Now i need to pass "6" to another awk script as a parmeter.
I know i can use command below to get a list of count:
cut -f1 input.txt | sort | uniq -c | awk -F ' ' '{print $1}' | sort
but how do i get the first count number and pass it to the next awk command as a parameter not as an input file?
This is nothing very specific for awk.
Either a program can read from stdin, then you can pass the input with a pipe:
prg1 | prg2
or your program expects input as parameter, then you use
prg2 $(prg1)
Note that in both cases prg1 is processed before prg2.

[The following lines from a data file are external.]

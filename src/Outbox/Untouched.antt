-- ===== src/Outbox/Untouched.antt =====
-- Billing and the writes on messages leave the tables of the outbox alone.
use sms.Prelude.{
  ◌≡◌, refl, sym, ◌∙◌, inl, inr, Bool, true, false, Option, some, none, List, any, Bool-cases,
  Option-cases,
}
use sms.Prelude.Text.{Text}
use sms.Store.Types.{Uuid, Wallet, WalletTransaction, SmsMessage, Db}
use sms.Store.Errors.{Result, ok, err, row_or, ok->>=, no_rows, unique_violation}
use sms.Store.Wallets.{lock_wallet_by_client_id, update_wallet_balances}
use sms.Store.Ledger.{has_key, insert_wallet_transaction, get_open_hold_for_message}
use sms.Store.Rows.{get_sms_message_by_id, set_sms_message_billing_action}
use sms.Billing.Post.{client_deleted, key_used, post_balances}
use sms.Billing.Sms.{
  settle, settle_message, settle_client, settle_hold, settle_key, settle_billing_action,
  settle_balances, mark_message, or_same, capture_for_message, release_for_message,
}
use sms.Outbox.Match.{StatisticRow, is_blank}
use sms.Outbox.World.{World}
use sms.Outbox.Accepting.{
  written, tolerate, without_id, mark_accepted, apply_statistic, capture, release, note_sms_id,
}

-- The jobs and the attempts are as before.
pub record SameJobs (db db' : Db) : Type 0 where
  pub jobs : db'.send_jobs ≡ db.send_jobs
  pub attempts : db'.send_attempts ≡ db.send_attempts

pub SameJobs-refl : (db : Db) → SameJobs db db
SameJobs-refl db = record { jobs = refl; attempts = refl }

pub SameJobs-trans : {a b c : Db} → SameJobs a b → SameJobs b c → SameJobs a c
SameJobs-trans x y = record { jobs = y.jobs ∙ x.jobs; attempts = y.attempts ∙ x.attempts }

of_ok : {a b c : Db} → SameJobs a b → Result.ok b ≡ ok c → SameJobs a c
of_ok {a} {b} {c} s e = rw (sym (same e)) s
  where
    same : Result.ok b ≡ ok c → b ≡ c
    same x = cc

insert-SameJobs :
    (t : WalletTransaction) (db : Db) {db' : Db}
    → insert_wallet_transaction t db ≡ ok db'
    → SameJobs db db'
unfolding insert_wallet_transaction
insert-SameJobs t db e =
    elim (Bool-cases (any (has_key t.client_id t.idempotency_key) db.wallet_transactions)) [
      | inl taken ↦ absurd (refused (rw taken at e))
      | inr free ↦ of_ok (record { jobs = refl; attempts = refl }) (rw free at e)
    ]
  where
    refused : {d : Db} → ◌≡◌ {A = Result Db} (err unique_violation) (ok d) → ⊥
    refused x = cc

post_balances-SameJobs :
    (w : Wallet) (t : WalletTransaction) (db : Db) {db' : Db}
    → post_balances w t db ≡ ok db'
    → SameJobs db db'
unfolding post_balances
post_balances-SameJobs w t db e =
    ok->>=
      (row_or no_rows (
        update_wallet_balances t.balance_after_available t.balance_after_held w.id w.version
          db.wallets))
      _ e λ ws ew e1. with_wallets ws (insert-SameJobs t (record db { wallets = ws }) e1)
  where
    with_wallets :
        (ws : List Wallet) {d : Db} → SameJobs (record db { wallets = ws }) d → SameJobs db d
    with_wallets ws s = record { jobs = s.jobs; attempts = s.attempts }

mark_message-SameJobs :
    (id : Uuid) (is_capture : Bool) (db : Db) {db' : Db}
    → mark_message id is_capture db ≡ ok db'
    → SameJobs db db'
unfolding mark_message
mark_message-SameJobs id is_capture db e =
    ok->>=
      (row_or no_rows
        (set_sms_message_billing_action (settle_billing_action is_capture) id db.sms_messages))
      _ e λ ms em e1. of_ok (record { jobs = refl; attempts = refl }) e1

settle_hold-SameJobs :
    (h : WalletTransaction) (id client : Uuid) (is_capture : Bool) (db : Db) {db' : Db}
    → settle_hold h id client is_capture db ≡ ok db'
    → SameJobs db db'
unfolding settle_hold
settle_hold-SameJobs h id client is_capture db e =
    ok->>= (row_or no_rows (lock_wallet_by_client_id client db.wallets)) _ e λ w lw e1.
      ok->>= (settle_balances is_capture w.available_balance w.held_balance h.amount) _ e1
        λ b hb e2. ok->>= (post_balances w _ db) _ e2 λ d posted e3.
          SameJobs-trans (post_balances-SameJobs w _ db posted)
            (mark_message-SameJobs id is_capture d e3)

pub or_same-SameJobs :
    (db : Db) (r : Result Db)
    → ((db' : Db) → r ≡ ok db' → SameJobs db db')
    → SameJobs db (or_same db r)
or_same-SameJobs db (ok db') k = k db' refl
or_same-SameJobs db (err e) k = SameJobs-refl db

settle_client-SameJobs :
    (id client : Uuid) (is_capture : Bool) (db : Db) {db' : Db}
    → settle_client id client is_capture db ≡ ok db'
    → SameJobs db db'
unfolding settle_client
settle_client-SameJobs id client is_capture db e =
    elim (Bool-cases (key_used client (settle_key is_capture id) db)) [
      | inl used ↦
          of_ok
            (or_same-SameJobs db (mark_message id is_capture db)
              (λ d x. mark_message-SameJobs id is_capture db x))
            (rw (settle_client, used) at e)
      | inr free ↦ elim (Option-cases (get_open_hold_for_message id db.wallet_transactions)) [
        | inl shut ↦ of_ok (SameJobs-refl db) (rw (settle_client, free, shut) at e)
        | inr (h, found) ↦
            settle_hold-SameJobs h id client is_capture db (rw (settle_client, free, found) at e)
      ]
    ]

settle_message-SameJobs :
    (m : SmsMessage) (id : Uuid) (is_capture : Bool) (db : Db) {db' : Db}
    → settle_message m id is_capture db ≡ ok db'
    → SameJobs db db'
unfolding settle_message
settle_message-SameJobs m id is_capture db e = elim (Option-cases m.client_id) [
  | inl c ↦ of_ok (SameJobs-refl db) (rw (settle_message, c) at e)
  | inr (client, c) ↦ elim (Option-cases m.unit_sell_price) [
    | inl p ↦ of_ok (SameJobs-refl db) (rw (settle_message, c, p) at e)
    | inr (price, p) ↦ elim (Bool-cases (client_deleted client db)) [
      | inl gone ↦ of_ok (SameJobs-refl db) (rw (settle_message, c, p, gone) at e)
      | inr there ↦
          settle_client-SameJobs id client is_capture db (rw (settle_message, c, p, there) at e)
    ]
  ]
]

pub settle-SameJobs :
    (id : Uuid) (is_capture : Bool) (db : Db) {db' : Db}
    → settle id is_capture db ≡ ok db'
    → SameJobs db db'
unfolding settle
settle-SameJobs id is_capture db e =
    elim (Option-cases (get_sms_message_by_id id db.sms_messages)) [
      | inl g ↦ of_ok (SameJobs-refl db) (rw (settle, g) at e)
      | inr (m, g) ↦ settle_message-SameJobs m id is_capture db (rw (settle, g) at e)
    ]

-- A write that leaves them alone, where it succeeds.
abbrev Keeps : Db → Result Db → Type 0
Keeps db r = (db' : Db) → r ≡ ok db' → SameJobs db db'

written-SameJobs : (db : Db) (r : Result (List SmsMessage)) → Keeps db (written db r)
written-SameJobs db (ok ms) db' e = of_ok (record { jobs = refl; attempts = refl }) e
written-SameJobs db (err x) db' e = absurd (refused e)
  where
    refused : {d : Db} → ◌≡◌ {A = Result Db} (err x) (ok d) → ⊥
    refused y = cc

tolerate-SameJobs : (db : Db) (r : Result Db) → Keeps db r → Keeps db (tolerate db r)
tolerate-SameJobs db (ok d) k db' e = k db' e
tolerate-SameJobs db (err no_rows) k db' e = of_ok (SameJobs-refl db) e
tolerate-SameJobs db (err _) k db' e = k db' e

without_id-SameJobs :
    (db : Db) (pid : Option Text) (r again : Result Db)
    → Keeps db r
    → Keeps db again
    → Keeps db (without_id pid r again)
without_id-SameJobs db none r again k l = k
without_id-SameJobs db (some pid) (ok d) again k l = k
without_id-SameJobs db (some pid) (err unique_violation) again k l = l
without_id-SameJobs db (some pid) (err _) again k l = k

pub mark_accepted-SameJobs :
    (id : Uuid) (pid : Option Text) (db : Db) → Keeps db (mark_accepted id pid db)
unfolding mark_accepted
mark_accepted-SameJobs id pid db =
    without_id-SameJobs db pid _ _ (tolerate-SameJobs db _ (written-SameJobs db _))
      (tolerate-SameJobs db _ (written-SameJobs db _))

pub apply_statistic-SameJobs :
    (id : Uuid) (row : StatisticRow) (db : Db) → Keeps db (apply_statistic id row db)
unfolding apply_statistic
apply_statistic-SameJobs id row db =
    without_id-SameJobs db _ _ _ (tolerate-SameJobs db _ (written-SameJobs db _))
      (tolerate-SameJobs db _ (written-SameJobs db _))

pub or_written-SameJobs :
    (db : Db) (r : Result (List SmsMessage)) → SameJobs db (or_same db (written db r))
or_written-SameJobs db r = or_same-SameJobs db (written db r) (written-SameJobs db r)

pub capture-SameJobs : (id : Uuid) (w : World) → SameJobs w.db (capture id w).db
unfolding capture capture_for_message
capture-SameJobs id w =
    or_same-SameJobs w.db (settle id true w.db) λ d e. settle-SameJobs id true w.db e

pub release-SameJobs : (id : Uuid) (w : World) → SameJobs w.db (release id w).db
unfolding release release_for_message
release-SameJobs id w =
    or_same-SameJobs w.db (settle id false w.db) λ d e. settle-SameJobs id false w.db e

pub note_sms_id-db : (id : Text) (w : World) → (note_sms_id id w).db ≡ w.db
unfolding note_sms_id
note_sms_id-db id w = elim (Bool-cases (is_blank id)) [
  | inl blank ↦ rw (blank) refl
  | inr given ↦ rw (given) refl
]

Some programs allow both possibilities, while a huge amount of data is rarely passed as argument.
This AWK script replaces your whole pipeline:
awk -v parameter="$(awk '{a[$1]++} END {for (i in a) {if (a[i] > max) {max = a[i]}}; print max}' inputfile)" '{print parameter}' otherfile
where '{print parameter}' is a standin for your other AWK script and "otherfile" is the input for that script.
Note: It is extremely likely that the two AWK scripts could be combined into one which would be less of a hack than doing it in a way such as that outlined in your question (awk feeding awk).
You can use the shell's $() command substitution:
awk -f script -v num=$(cut -f1 input.txt | sort | uniq -c | awk -F ' ' '{print $1}' | sort | tail -1) < input_file
(I added the tail -1 to ensure that at most one line is used.)